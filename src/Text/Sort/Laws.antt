-- ===== src/Text/Sort/Laws.antt =====
-- Ascending lists of texts, and `sort.Strings`.
use mathlib.Core.List.{Perm, Permᴰ}
use mathlib.Core.List.Perm
use mathlib.Core.Path.{ap₂}
use mathlib.Core.Logic.{∥∥₁_elim}
use provider_strapi.Prelude.{
  List, [], ◌∷◌, ◌≡◌, refl, sym, ◌∙◌, ◌↔◌, inl, inr, Bool-cases, All, arith,
}
use provider_strapi.Text.{Text}
use provider_strapi.Text.Order.{text_less, Le, Le_antisymm, Le_trans, Le_of_text_less}
use provider_strapi.Text.Sort.{insert_sorted, sort_strings}

-- every text is at most each text behind it
abbrev pub IsSorted : List Text → Type 0
IsSorted [] = Unit
IsSorted (x ∷ l) = All (Le x) l × IsSorted l

All-weaken : (x y : Text) (l : List Text) → Le x y → All (Le y) l → All (Le x) l
All-weaken x y [] p h = tt
All-weaken x y (z ∷ l) p (hz, hl) = (Le_trans x y z p hz, All-weaken x y l p hl)

All-insert_sorted :
    (a x : Text) (l : List Text) → Le a x → All (Le a) l → All (Le a) (insert_sorted x l)
unfolding insert_sorted
All-insert_sorted a x [] p h = (p, tt)
All-insert_sorted a x (y ∷ l) p (hy, hl) = elim (Bool-cases (text_less y x)) [
  | inl e ↦ rw e (hy, All-insert_sorted a x l p hl)
  | inr e ↦ rw e (p, (hy, hl))
]

insert_sorted-IsSorted : (x : Text) (l : List Text) → IsSorted l → IsSorted (insert_sorted x l)
unfolding insert_sorted
insert_sorted-IsSorted x [] h = (tt, tt)
insert_sorted-IsSorted x (y ∷ l) (hy, hl) = elim (Bool-cases (text_less y x)) [
  | inl e ↦ rw e (All-insert_sorted y x l (Le_of_text_less y x e) hy, insert_sorted-IsSorted x l hl)
  | inr e ↦ rw e ((e, All-weaken x y l e hy), (hy, hl))
]

pub sort_strings-IsSorted : (l : List Text) → IsSorted (sort_strings l)
unfolding sort_strings
sort_strings-IsSorted [] = tt
sort_strings-IsSorted (x ∷ l) = insert_sorted-IsSorted x (sort_strings l) (sort_strings-IsSorted l)

insert_sorted-perm : (x : Text) (l : List Text) → Perm (insert_sorted x l) (x ∷ l)
unfolding insert_sorted
insert_sorted-perm x [] = Perm.rfl
insert_sorted-perm x (y ∷ l) = elim (Bool-cases (text_less y x)) [
  | inl e ↦ rw e (Perm.trans (Perm.cons y (insert_sorted-perm x l)) (Perm.swap x y l))
  | inr e ↦ rw e Perm.rfl
]

pub sort_strings-perm : (l : List Text) → Perm (sort_strings l) l
unfolding sort_strings
sort_strings-perm [] = Perm.rfl
sort_strings-perm (x ∷ l) =
    Perm.trans (insert_sorted-perm x (sort_strings l)) (Perm.cons x (sort_strings-perm l))

insert_sorted_comm :
    (x y : Text) (l : List Text)
    → insert_sorted x (insert_sorted y l) ≡ insert_sorted y (insert_sorted x l)
unfolding insert_sorted
insert_sorted_comm x y [] = ground (arith, Le_antisymm x y, Le_of_text_less x y)
insert_sorted_comm x y (z ∷ l) = ground (
  arith,
  insert_sorted_comm x y l,
  Le_antisymm x y,
  Le_of_text_less x y,
  Le_trans x y z,
  Le_trans y x z,
  Le_of_text_less z x,
  Le_of_text_less z y,
)

sort_strings-eq_of_Permᴰ : {l r : List Text} → Permᴰ l r → sort_strings l ≡ sort_strings r
unfolding sort_strings
sort_strings-eq_of_Permᴰ Permᴰ.nil = refl
sort_strings-eq_of_Permᴰ (Permᴰ.cons e p) = ap₂ insert_sorted e (sort_strings-eq_of_Permᴰ p)
sort_strings-eq_of_Permᴰ (Permᴰ.swap {a = x} {b = y} {l = l} e f) =
    rw (← e, ← f) (insert_sorted_comm x y (sort_strings l))
sort_strings-eq_of_Permᴰ (Permᴰ.trans p q) = sort_strings-eq_of_Permᴰ p ∙ sort_strings-eq_of_Permᴰ q

Texts-set : IsSet (List Text)
Texts-set = hlevel

pub sort_strings-eq_of_perm : {l r : List Text} → Perm l r → sort_strings l ≡ sort_strings r
sort_strings-eq_of_perm p = ∥∥₁_elim p (Texts-set _ _) sort_strings-eq_of_Permᴰ

-- Two lists are sorted to one list exactly when each is a permutation of the other.
pub sort_strings-eq_iff_perm : (l r : List Text) → (sort_strings l ≡ sort_strings r) ↔ Perm l r
sort_strings-eq_iff_perm l r = (
  λ e. Perm.trans (Perm.symm (sort_strings-perm l)) (rw e (sort_strings-perm r)),
  sort_strings-eq_of_perm,
)

insert_sorted_of_All : (x : Text) (l : List Text) → All (Le x) l → insert_sorted x l ≡ x ∷ l
unfolding insert_sorted
insert_sorted_of_All x [] h = refl
insert_sorted_of_All x (y ∷ l) (hy, hl) = rw hy

-- Sorting an ascending list changes nothing.
pub sort_strings_of_IsSorted : (l : List Text) → IsSorted l → l ≡ sort_strings l
unfolding sort_strings
sort_strings_of_IsSorted [] h = refl
sort_strings_of_IsSorted (x ∷ l) (hx, hl) =
    rw (← sort_strings_of_IsSorted l hl) (sym (insert_sorted_of_All x l hx))
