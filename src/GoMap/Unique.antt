-- ===== src/GoMap/Unique.antt =====
-- Go maps hold a key once.
use mathlib.Core.Path.{subst}
use provider_strapi.Prelude.{some, [], ◌∷◌, none, ◌≡◌, refl, ◌≢◌, inl, inr, arith, Bool-cases}
use provider_strapi.Text.{Text, text_eq}
use provider_strapi.Text.Equality.{text_eq_iff}
use provider_strapi.GoMap.{Map, lookup, insert}

module _ {ℓ} {V : Type ℓ} where
  -- no entry has the key
  abbrev pub Fresh : Text → Map V → Type 0
  Fresh k [] = Unit
  Fresh k ((j, v) ∷ m) = (j ≢ k) × Fresh k m

  abbrev pub Unique : Map V → Type 0
  Unique [] = Unit
  Unique ((k, v) ∷ m) = Fresh k m × Unique m

  pub lookup_of_Fresh : (m : Map V) (k : Text) → Fresh k m → lookup m k ≡ none
  unfolding lookup
  lookup_of_Fresh [] k h = refl
  lookup_of_Fresh ((j, v) ∷ m) k (hj, hm) = ground (arith, text_eq_iff j k, lookup_of_Fresh m k hm)

  Fresh-insert : (m : Map V) (i k : Text) (v : V) → k ≢ i → Fresh i m → Fresh i (insert m k v)
  unfolding insert
  Fresh-insert [] i k v h f = (h, tt)
  Fresh-insert ((j, w) ∷ m) i k v h (fj, fm) = elim (Bool-cases (text_eq j k)) [
    | inl e ↦ rw e (h, fm)
    | inr e ↦ rw e (fj, Fresh-insert m i k v h fm)
  ]

  pub Unique-insert : (m : Map V) (k : Text) (v : V) → Unique m → Unique (insert m k v)
  unfolding insert
  Unique-insert [] k v h = (tt, tt)
  Unique-insert ((j, w) ∷ m) k v (fj, um) = elim (Bool-cases (text_eq j k)) [
    | inl e ↦ rw e (rw (← (text_eq_iff j k).0 e) fj, um)
    | inr e ↦ rw e (
      Fresh-insert m j k v (λ p. absurd (ground (arith, text_eq_iff j k))) fj,
      Unique-insert m k v um,
    )
  ]

module _ {ℓ κ} {V : Type ℓ} (P : V → Type κ) where
  -- every value of the map satisfies `P`
  abbrev pub Values : Map V → Type κ
  Values [] = Unit
  Values ((k, v) ∷ m) = P v × Values m

  pub Values-insert : (m : Map V) (k : Text) (v : V) → P v → Values m → Values (insert m k v)
  unfolding insert
  Values-insert [] k v p h = (p, tt)
  Values-insert ((j, w) ∷ m) k v p (pw, h) = elim (Bool-cases (text_eq j k)) [
    | inl e ↦ rw e (p, h)
    | inr e ↦ rw e (pw, Values-insert m k v p h)
  ]

  pub Values-lookup : (m : Map V) (k : Text) (v : V) → Values m → lookup m k ≡ some v → P v
  unfolding lookup
  Values-lookup [] k v h e = absurd (cc)
  Values-lookup ((j, w) ∷ m) k v (pw, h) e = elim (Bool-cases (text_eq j k)) [
    | inl q ↦ let e' = rw q at e in let same : w ≡ v = cc in subst P same pw
    | inr q ↦ Values-lookup m k v h (rw q at e)
  ]

pub Values-map {ℓ κ μ} :
    {V : Type ℓ} (P : V → Type κ) (Q : V → Type μ) (m : Map V)
    → ((v : V) → P v → Q v)
    → Values P m
    → Values Q m
Values-map P Q [] f h = tt
Values-map P Q ((k, v) ∷ m) f (p, h) = (f v p, Values-map P Q m f h)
::::
DIRECTIONS FOR THIS TASK:
Print the material above verbatim, first line through the line containing "sort_strings-IsSorted [] = tt", both included.

RESULT:
filename src/Text/Sort/Laws.antt
-- ===== src/Text/Sort/Laws.antt =====
-- Ascending lists of texts, and `sort.Strings`.
use mathlib.Core.List.{Perm, Permᴰ}
use mathlib.Core.List.Perm
use mathlib.Core.Path.{ap₂}
use mathlib.Core.Logic.{∥∥₁_elim}
use provider_strapi.Prelude.{
  List, [], ◌∷◌, ◌≡◌, refl, sym, ◌∙◌, ◌↔◌, inl, inr, Bool-cases, All, arith,
}
use provider_strapi.Text.{Text}
use provider_strapi.Text.Order.{text_less, Le, Le_antisymm, Le_trans, Le_of_text_less}
use provider_strapi.Text.Sort.{insert_sorted, sort_strings}

-- every text is at most each text behind it
abbrev pub IsSorted : List Text → Type 0
IsSorted [] = Unit
IsSorted (x ∷ l) = All (Le x) l × IsSorted l

All-weaken : (x y : Text) (l : List Text) → Le x y → All (Le y) l → All (Le x) l
All-weaken x y [] p h = tt
All-weaken x y (z ∷ l) p (hz, hl) = (Le_trans x y z p hz, All-weaken x y l p hl)

All-insert_sorted :
    (a x : Text) (l : List Text) → Le a x → All (Le a) l → All (Le a) (insert_sorted x l)
unfolding insert_sorted
All-insert_sorted a x [] p h = (p, tt)
All-insert_sorted a x (y ∷ l) p (hy, hl) = elim (Bool-cases (text_less y x)) [
  | inl e ↦ rw e (hy, All-insert_sorted a x l p hl)
  | inr e ↦ rw e (p, (hy, hl))
]

insert_sorted-IsSorted : (x : Text) (l : List Text) → IsSorted l → IsSorted (insert_sorted x l)
unfolding insert_sorted
insert_sorted-IsSorted x [] h = (tt, tt)
insert_sorted-IsSorted x (y ∷ l) (hy, hl) = elim (Bool-cases (text_less y x)) [
  | inl e ↦ rw e (All-insert_sorted y x l (Le_of_text_less y x e) hy, insert_sorted-IsSorted x l hl)
  | inr e ↦ rw e ((e, All-weaken x y l e hy), (hy, hl))
]

pub sort_strings-IsSorted : (l : List Text) → IsSorted (sort_strings l)
unfolding sort_strings
sort_strings-IsSorted [] = tt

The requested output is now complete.